↓
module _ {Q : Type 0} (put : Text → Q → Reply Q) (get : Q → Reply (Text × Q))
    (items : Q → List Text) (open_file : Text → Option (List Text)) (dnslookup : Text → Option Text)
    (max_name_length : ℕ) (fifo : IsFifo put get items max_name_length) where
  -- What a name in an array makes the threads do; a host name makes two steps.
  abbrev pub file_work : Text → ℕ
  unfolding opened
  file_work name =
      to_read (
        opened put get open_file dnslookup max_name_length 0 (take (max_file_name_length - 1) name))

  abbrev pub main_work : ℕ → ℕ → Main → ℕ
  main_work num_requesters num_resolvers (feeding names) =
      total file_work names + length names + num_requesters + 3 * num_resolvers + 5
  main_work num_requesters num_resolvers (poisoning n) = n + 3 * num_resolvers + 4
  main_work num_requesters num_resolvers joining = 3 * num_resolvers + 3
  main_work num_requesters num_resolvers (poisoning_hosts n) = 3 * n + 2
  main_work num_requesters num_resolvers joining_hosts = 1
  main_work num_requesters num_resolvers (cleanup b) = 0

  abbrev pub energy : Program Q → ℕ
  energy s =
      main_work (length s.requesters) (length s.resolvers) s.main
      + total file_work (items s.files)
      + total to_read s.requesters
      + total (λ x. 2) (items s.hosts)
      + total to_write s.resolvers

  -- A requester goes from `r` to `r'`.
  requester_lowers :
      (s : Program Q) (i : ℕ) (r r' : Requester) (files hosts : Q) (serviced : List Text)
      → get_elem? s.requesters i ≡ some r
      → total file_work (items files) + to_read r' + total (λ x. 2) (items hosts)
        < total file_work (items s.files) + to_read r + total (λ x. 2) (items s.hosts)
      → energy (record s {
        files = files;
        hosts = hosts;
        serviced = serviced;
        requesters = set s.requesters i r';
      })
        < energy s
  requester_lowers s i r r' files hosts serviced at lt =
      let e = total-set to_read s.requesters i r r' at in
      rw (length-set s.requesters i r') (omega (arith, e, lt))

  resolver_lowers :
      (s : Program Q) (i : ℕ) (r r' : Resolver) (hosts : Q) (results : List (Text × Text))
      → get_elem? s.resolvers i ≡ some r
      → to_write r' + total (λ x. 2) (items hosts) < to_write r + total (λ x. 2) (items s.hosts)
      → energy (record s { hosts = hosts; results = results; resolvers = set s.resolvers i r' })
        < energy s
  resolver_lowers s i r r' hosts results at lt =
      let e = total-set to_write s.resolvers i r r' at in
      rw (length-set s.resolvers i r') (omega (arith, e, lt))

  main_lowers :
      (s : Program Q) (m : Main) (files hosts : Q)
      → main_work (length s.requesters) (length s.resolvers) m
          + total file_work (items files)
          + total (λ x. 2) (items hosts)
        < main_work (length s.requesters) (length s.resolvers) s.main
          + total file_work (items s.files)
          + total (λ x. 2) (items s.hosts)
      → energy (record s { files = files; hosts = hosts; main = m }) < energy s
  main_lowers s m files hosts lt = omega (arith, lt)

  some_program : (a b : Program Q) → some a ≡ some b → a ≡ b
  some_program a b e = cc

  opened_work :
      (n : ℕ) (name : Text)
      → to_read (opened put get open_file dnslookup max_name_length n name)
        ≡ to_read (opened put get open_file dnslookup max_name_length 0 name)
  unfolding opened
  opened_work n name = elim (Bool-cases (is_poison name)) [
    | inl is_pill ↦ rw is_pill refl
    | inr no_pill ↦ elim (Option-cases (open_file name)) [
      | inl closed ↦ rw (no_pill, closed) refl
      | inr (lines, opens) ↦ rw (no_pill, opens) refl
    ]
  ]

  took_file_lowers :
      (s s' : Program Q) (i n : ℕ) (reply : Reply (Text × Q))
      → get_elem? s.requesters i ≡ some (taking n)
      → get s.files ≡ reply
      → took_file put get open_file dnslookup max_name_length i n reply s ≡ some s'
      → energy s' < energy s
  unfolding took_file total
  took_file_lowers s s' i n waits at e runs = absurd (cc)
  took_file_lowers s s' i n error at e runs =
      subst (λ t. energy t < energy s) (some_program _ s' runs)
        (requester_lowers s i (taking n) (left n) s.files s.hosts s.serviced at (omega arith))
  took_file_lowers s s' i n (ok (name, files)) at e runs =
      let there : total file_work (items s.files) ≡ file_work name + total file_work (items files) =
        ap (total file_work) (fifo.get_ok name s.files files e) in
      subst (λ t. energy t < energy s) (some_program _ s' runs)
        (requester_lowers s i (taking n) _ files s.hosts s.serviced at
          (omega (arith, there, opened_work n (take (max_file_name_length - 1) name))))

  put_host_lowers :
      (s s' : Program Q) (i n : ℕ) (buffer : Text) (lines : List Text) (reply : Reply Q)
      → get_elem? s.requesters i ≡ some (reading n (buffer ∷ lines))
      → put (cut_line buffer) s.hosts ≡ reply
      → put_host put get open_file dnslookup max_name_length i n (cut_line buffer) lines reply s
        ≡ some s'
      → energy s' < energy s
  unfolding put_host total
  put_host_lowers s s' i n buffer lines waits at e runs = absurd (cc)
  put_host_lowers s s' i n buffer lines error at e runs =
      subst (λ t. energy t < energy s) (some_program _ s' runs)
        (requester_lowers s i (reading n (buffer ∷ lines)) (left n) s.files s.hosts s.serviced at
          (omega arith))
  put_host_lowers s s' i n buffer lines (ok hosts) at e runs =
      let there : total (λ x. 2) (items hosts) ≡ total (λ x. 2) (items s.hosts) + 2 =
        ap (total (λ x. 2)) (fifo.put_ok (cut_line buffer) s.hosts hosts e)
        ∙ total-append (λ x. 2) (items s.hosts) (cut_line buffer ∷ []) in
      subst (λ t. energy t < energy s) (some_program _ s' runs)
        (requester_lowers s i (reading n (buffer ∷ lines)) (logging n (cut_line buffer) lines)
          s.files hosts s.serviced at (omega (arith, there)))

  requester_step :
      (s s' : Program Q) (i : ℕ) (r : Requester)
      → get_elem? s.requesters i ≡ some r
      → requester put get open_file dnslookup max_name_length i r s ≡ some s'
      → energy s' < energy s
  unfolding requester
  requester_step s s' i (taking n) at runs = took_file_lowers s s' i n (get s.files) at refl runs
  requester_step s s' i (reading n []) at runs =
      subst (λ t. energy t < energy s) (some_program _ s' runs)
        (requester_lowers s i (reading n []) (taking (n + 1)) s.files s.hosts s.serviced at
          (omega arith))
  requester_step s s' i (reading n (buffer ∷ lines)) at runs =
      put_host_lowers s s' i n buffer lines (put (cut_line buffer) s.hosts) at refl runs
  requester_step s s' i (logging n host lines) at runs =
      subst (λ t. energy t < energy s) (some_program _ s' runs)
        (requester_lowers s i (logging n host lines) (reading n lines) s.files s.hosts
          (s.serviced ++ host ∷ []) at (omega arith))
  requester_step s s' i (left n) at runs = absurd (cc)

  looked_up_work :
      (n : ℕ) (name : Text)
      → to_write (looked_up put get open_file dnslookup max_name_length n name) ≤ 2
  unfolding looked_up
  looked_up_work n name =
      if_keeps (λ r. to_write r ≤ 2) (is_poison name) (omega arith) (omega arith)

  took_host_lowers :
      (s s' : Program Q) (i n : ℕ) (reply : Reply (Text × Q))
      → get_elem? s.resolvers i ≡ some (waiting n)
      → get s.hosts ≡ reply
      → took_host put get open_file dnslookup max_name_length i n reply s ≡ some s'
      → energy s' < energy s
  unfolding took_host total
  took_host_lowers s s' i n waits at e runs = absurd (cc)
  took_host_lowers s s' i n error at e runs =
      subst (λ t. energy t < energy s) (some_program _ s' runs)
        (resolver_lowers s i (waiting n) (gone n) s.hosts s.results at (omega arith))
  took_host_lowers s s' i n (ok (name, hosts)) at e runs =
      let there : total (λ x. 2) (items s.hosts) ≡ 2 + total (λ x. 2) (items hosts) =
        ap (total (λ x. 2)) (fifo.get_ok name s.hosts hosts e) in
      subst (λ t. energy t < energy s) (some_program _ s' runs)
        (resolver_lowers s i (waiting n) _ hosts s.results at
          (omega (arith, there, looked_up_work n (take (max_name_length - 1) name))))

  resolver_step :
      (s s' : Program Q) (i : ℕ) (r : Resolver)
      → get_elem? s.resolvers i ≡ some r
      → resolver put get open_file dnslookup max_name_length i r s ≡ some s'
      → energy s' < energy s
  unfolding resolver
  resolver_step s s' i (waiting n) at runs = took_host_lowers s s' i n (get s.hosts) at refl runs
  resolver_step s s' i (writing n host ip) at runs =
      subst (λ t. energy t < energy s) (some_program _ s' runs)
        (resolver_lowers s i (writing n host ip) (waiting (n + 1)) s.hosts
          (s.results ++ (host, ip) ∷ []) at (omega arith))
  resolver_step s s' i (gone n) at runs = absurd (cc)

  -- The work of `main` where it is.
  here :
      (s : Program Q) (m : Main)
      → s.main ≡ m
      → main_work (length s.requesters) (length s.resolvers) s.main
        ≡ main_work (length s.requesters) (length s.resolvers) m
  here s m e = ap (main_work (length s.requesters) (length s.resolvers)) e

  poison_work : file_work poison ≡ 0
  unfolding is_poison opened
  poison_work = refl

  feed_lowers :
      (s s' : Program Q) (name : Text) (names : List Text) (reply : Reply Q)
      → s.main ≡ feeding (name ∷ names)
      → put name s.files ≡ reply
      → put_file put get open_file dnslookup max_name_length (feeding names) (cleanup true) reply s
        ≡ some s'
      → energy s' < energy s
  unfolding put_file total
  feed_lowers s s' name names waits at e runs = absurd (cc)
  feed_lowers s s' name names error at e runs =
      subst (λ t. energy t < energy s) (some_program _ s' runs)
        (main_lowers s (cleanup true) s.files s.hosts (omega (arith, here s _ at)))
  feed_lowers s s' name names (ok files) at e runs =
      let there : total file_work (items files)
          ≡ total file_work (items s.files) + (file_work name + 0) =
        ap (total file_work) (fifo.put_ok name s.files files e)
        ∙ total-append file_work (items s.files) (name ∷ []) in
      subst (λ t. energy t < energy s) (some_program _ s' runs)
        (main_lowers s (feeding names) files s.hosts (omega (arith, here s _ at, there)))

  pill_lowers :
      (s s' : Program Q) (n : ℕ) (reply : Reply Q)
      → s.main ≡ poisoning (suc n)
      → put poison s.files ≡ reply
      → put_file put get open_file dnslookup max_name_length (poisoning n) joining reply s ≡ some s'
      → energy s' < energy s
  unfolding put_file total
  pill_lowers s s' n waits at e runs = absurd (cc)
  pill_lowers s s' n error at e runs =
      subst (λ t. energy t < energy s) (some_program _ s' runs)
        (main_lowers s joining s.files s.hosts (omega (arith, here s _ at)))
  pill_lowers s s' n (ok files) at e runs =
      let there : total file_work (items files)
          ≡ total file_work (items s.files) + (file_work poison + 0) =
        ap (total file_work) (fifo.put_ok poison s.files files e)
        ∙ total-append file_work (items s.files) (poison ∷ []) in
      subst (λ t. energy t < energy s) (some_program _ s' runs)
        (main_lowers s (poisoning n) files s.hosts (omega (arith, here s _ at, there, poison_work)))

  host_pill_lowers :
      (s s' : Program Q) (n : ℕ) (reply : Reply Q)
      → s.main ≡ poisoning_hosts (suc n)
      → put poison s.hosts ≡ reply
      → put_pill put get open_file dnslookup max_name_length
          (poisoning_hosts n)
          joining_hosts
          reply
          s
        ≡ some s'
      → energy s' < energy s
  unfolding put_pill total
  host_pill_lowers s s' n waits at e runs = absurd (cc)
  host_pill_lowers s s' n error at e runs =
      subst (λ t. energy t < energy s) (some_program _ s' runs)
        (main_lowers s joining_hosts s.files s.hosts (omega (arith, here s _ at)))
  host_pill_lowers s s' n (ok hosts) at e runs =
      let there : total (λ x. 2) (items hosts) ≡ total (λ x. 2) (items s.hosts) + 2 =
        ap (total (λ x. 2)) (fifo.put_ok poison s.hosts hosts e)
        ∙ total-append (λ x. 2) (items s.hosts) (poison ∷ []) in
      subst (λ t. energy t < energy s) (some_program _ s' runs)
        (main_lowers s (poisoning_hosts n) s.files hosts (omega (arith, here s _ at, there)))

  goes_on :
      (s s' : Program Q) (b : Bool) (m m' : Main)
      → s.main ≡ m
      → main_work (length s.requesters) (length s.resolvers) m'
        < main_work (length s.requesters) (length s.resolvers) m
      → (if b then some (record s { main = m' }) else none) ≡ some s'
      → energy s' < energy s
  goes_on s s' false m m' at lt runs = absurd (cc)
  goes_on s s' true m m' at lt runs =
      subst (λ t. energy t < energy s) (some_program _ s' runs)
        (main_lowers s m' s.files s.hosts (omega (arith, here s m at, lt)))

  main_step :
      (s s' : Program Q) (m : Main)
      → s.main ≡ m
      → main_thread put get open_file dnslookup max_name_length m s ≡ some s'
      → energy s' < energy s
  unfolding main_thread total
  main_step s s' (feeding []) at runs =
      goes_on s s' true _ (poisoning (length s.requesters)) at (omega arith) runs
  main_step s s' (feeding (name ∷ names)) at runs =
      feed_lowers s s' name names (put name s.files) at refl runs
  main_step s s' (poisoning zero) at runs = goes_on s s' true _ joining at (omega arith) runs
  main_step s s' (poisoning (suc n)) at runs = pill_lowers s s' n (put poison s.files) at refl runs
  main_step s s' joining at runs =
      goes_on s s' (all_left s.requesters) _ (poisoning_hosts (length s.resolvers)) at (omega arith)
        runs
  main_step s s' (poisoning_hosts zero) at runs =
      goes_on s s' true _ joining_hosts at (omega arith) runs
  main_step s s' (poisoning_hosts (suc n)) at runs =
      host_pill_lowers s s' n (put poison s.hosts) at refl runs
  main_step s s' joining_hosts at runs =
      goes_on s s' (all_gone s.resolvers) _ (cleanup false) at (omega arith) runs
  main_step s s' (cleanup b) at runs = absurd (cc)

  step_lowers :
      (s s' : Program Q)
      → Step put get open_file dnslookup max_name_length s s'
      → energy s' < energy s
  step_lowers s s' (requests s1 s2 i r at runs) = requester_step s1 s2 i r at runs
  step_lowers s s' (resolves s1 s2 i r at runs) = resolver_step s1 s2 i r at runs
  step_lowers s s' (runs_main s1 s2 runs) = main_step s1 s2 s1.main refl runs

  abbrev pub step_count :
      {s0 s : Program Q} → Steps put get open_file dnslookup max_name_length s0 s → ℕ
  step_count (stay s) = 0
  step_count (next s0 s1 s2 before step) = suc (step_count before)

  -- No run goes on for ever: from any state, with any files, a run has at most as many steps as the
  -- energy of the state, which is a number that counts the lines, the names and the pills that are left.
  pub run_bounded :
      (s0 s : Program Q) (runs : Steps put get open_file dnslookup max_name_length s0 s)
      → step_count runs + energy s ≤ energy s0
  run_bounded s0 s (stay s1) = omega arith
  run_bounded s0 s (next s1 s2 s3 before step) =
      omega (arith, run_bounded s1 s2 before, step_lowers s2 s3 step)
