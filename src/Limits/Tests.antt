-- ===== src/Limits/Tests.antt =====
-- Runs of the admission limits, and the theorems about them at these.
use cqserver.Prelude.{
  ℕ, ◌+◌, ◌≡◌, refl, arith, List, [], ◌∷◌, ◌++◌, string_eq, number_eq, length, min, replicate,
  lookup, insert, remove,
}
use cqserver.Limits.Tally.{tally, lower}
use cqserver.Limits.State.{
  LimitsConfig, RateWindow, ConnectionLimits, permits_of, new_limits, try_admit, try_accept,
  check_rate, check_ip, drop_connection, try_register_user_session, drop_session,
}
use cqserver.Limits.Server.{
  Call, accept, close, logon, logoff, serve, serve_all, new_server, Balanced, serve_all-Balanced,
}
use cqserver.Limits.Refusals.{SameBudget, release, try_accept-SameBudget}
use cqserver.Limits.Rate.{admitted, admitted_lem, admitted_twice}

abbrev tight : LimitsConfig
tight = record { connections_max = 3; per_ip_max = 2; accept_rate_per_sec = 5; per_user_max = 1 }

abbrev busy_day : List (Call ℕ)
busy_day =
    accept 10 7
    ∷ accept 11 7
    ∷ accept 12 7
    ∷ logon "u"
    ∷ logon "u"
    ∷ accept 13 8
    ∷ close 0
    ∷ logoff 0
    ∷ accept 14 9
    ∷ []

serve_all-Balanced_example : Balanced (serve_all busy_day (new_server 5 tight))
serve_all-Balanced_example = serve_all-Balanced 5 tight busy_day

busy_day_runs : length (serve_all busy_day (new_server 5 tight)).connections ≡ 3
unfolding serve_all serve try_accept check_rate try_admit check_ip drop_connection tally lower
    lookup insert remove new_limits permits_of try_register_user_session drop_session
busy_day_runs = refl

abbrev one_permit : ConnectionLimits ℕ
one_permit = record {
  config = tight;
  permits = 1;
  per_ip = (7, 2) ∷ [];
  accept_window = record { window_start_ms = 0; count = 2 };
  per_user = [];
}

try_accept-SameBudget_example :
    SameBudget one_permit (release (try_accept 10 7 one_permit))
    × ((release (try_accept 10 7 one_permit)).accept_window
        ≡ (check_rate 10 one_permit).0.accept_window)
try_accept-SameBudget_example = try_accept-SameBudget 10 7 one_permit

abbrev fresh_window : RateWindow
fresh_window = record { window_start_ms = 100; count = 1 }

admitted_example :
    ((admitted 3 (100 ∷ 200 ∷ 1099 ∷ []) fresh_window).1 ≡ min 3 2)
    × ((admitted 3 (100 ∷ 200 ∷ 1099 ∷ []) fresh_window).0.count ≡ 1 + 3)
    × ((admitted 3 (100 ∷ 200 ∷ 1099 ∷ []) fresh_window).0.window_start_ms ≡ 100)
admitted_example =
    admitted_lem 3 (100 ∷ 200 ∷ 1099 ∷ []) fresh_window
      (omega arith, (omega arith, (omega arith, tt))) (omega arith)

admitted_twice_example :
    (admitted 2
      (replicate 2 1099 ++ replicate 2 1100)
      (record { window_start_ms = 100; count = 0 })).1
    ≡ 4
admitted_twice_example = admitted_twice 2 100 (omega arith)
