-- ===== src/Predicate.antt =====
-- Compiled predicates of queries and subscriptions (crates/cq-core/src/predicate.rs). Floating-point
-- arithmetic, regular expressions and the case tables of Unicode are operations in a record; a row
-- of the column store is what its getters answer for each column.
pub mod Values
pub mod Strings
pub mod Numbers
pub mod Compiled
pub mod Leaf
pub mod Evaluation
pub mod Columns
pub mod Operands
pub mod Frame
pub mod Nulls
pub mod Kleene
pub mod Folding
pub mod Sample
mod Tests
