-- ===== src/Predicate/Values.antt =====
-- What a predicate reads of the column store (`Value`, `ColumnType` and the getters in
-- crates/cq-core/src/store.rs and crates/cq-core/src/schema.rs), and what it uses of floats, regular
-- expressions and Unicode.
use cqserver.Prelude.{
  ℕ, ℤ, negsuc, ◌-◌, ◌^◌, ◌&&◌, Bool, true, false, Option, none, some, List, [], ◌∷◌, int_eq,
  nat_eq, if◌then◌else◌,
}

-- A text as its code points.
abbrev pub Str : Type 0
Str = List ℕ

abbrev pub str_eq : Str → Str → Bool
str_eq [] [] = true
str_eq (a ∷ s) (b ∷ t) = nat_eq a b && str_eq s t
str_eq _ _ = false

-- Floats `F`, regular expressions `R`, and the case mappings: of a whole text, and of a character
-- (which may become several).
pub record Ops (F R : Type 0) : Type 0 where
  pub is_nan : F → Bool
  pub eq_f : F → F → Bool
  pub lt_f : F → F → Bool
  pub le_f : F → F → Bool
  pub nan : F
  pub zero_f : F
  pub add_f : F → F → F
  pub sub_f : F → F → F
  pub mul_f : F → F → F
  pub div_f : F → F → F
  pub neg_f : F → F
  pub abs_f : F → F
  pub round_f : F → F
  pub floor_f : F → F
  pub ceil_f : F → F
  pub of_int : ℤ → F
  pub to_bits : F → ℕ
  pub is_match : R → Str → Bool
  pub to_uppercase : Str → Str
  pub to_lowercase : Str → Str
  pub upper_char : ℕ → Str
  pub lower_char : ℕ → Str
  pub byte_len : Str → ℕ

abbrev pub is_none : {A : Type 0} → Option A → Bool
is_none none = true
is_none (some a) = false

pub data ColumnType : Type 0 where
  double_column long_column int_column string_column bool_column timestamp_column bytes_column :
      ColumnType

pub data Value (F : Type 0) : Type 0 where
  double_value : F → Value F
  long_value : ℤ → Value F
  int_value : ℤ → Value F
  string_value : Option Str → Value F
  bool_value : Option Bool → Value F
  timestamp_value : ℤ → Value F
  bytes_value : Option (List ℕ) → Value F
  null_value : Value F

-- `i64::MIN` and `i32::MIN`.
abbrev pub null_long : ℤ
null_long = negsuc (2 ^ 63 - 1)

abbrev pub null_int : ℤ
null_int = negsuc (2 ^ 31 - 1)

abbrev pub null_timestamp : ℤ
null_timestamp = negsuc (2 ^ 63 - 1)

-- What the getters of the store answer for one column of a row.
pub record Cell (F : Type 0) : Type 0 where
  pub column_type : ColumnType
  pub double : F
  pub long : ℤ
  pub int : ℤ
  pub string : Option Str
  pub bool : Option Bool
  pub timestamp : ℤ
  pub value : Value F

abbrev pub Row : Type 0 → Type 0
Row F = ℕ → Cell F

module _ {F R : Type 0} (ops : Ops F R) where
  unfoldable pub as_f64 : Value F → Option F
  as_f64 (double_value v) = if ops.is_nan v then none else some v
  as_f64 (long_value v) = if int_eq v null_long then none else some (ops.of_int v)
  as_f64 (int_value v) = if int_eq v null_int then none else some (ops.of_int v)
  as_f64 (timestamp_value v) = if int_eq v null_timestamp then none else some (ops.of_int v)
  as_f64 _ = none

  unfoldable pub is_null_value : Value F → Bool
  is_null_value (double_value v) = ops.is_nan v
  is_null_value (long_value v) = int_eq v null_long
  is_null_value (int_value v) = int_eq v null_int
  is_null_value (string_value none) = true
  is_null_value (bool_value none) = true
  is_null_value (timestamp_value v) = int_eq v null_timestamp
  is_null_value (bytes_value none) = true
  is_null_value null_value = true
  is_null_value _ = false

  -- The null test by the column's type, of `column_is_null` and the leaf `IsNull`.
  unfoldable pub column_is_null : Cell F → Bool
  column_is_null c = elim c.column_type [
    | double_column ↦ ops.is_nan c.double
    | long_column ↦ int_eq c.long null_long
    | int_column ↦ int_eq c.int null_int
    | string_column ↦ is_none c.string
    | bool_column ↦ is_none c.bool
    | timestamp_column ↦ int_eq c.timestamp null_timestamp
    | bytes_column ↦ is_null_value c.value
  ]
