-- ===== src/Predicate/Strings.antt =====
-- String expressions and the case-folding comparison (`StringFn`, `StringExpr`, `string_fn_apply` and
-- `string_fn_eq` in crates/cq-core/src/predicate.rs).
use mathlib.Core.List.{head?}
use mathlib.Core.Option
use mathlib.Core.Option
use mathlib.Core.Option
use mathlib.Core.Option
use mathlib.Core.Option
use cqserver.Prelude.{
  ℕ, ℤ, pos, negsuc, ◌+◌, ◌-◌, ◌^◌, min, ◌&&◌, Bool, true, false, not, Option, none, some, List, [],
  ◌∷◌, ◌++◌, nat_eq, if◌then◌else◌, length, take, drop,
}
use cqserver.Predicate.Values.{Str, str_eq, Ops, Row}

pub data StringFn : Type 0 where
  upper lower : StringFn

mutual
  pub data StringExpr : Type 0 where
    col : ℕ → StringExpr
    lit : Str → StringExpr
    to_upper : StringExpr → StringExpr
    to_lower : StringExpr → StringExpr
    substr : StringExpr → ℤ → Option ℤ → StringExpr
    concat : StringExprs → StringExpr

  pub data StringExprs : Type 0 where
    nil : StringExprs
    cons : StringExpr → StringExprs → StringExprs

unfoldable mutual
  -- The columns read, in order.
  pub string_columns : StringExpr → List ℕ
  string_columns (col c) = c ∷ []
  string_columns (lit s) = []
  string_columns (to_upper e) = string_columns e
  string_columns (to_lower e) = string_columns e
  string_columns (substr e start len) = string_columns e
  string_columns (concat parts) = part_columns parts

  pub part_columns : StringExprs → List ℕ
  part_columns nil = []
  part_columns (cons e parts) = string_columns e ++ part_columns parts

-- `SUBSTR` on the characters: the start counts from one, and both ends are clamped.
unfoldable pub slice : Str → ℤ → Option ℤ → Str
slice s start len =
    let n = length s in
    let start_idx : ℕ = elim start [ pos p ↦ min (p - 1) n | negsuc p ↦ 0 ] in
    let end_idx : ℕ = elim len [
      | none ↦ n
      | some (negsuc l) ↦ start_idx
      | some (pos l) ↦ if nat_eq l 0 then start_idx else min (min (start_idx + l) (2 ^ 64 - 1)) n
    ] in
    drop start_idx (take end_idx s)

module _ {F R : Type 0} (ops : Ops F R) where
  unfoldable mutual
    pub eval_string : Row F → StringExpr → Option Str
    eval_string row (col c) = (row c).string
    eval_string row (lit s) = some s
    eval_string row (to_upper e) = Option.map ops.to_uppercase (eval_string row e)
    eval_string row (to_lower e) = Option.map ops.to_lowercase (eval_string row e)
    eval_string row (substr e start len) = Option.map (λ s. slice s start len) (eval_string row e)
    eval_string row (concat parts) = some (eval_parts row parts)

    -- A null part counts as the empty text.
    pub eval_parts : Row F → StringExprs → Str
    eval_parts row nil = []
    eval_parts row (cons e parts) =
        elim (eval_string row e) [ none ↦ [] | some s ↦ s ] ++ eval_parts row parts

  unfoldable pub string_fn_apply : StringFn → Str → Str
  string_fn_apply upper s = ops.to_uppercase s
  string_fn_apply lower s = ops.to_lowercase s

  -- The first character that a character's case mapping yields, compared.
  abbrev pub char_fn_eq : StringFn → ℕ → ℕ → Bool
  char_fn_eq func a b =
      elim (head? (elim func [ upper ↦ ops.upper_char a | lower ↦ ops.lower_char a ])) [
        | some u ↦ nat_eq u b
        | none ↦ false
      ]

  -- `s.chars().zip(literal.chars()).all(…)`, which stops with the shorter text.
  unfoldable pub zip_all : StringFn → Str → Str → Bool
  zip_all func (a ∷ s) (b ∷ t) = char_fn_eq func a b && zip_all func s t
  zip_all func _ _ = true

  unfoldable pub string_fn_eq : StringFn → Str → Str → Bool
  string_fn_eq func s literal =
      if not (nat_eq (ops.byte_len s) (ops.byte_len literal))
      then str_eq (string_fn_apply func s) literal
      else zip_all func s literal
↑
:: Required action ::
Reply with the number of lines in the entries that hold the word "logging", and add no other words.

:: Output ::
3